Senators write that OPM either fell victim to classic bait-and-switch or simply “got it wrong”

BALTIMORE – U.S. Senators Ben Cardin and Barbara A. Mikulski (both D-Md.) have written to the leadership of the U.S. Office of Personnel Management (OPM) to convey the shock and anger of federal employees who have been informed of a dramatic increase in their premiums for the Federal Long Term Care Insurance Program. The senators also called on the Senate Committee on Homeland Security and Governmental Affairs to hold hearings on the issues as soon as Congress returns to session in early September. Senators Cardin and Mikulski wrote:

“We were flabbergasted to learn that Federal Long Term Care Insurance Program (FLTCIP) premiums will increase by 83 percent, on average, and by as much as 126 percent for some individuals, in November. Federal annuitants and employees pay the full cost of the premiums.  Many of them are on fixed incomes or coming off a three-year pay freeze and substandard pay raises since then. They are being asked to pay an additional $111 per month, on average. This is unacceptable, and so are the alternatives: a reduction in coverage to keep premiums at their current level, taking a ‘contingent benefit upon lapse’ for those who are eligible, or dropping coverage altogether.

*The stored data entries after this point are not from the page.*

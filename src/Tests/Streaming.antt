-- ===== src/Tests/Streaming.antt =====
-- An event that comes in two chunks, and a line that is no text.
use durallm.Common.{ℕ, ◌≡◌, refl, Option, some, List, [], ◌∷◌, length}
use durallm.Common.Text.{codes}
use durallm.Streaming.Parser.{SseStreamParser, new_parser, feed, line_step, new_fields, trim_return}
use durallm.Streaming.Chunks.{feed_all, concat, feed_all-eq-feed, feed_all-stuck}

-- Every text is its own JSON.
abbrev loads : List ℕ → Option (List ℕ)
loads s = some s

abbrev first_chunk : List ℕ
first_chunk = codes "event: delta\nda"

abbrev second_chunk : List ℕ
second_chunk = codes "ta: 12\r\n\n"

split_event_lem : length (feed_all loads (first_chunk ∷ second_chunk ∷ []) new_parser) ≡ 1
unfolding feed
split_event_lem = refl

feed_all-eq-feed_example :
    feed_all loads (first_chunk ∷ second_chunk ∷ []) new_parser
    ≡ (feed loads (concat loads (first_chunk ∷ second_chunk ∷ [])) new_parser).0
feed_all-eq-feed_example = feed_all-eq-feed loads first_chunk (second_chunk ∷ []) new_parser

abbrev broken : SseStreamParser
broken = record { buffer = 255 ∷ 10 ∷ []; fields = new_fields }

feed_all-stuck_example : feed_all loads (first_chunk ∷ second_chunk ∷ []) broken ≡ []
unfolding line_step trim_return
feed_all-stuck_example =
    feed_all-stuck loads (first_chunk ∷ second_chunk ∷ []) (255 ∷ []) [] broken (refl, tt) refl refl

“ … How could professional actuaries, financial advisors, risk managers, and other experts be so wrong?  We are left to wonder whether the issuer, which has no competition, has engaged in a sort of classic ‘bait-and switch’ by luring customers with what appears to be affordable coverage and then jacking up the premiums.  In either instance, the Office of Personnel Management (OPM) has failed to meet its oversight responsibility.

“ … Premium increases of this magnitude threaten the health, well-being, and retirement security of thousands of hard-working current and former federal employees. And the justifiably negative press coverage of the premium increases probably will dissuade prospective customers from buying coverage, which will exacerbate so-called ‘adverse selection.’

“As you may know, a similar situation occurred in 2009 when the last long-term insurance contract was negotiated, and premiums increased by up to twenty-five percent. The U.S. Senate Committee on Homeland Security and Governmental Affairs’ Subcommittee on the Federal Workforce and the U.S. Senate Special Committee on Aging held a joint hearing on the increase, and found that OPM ‘got it wrong.’

“OPM has once again gotten it wrong, at the expense of our constituents who will now face either increased premiums or decreased service.” 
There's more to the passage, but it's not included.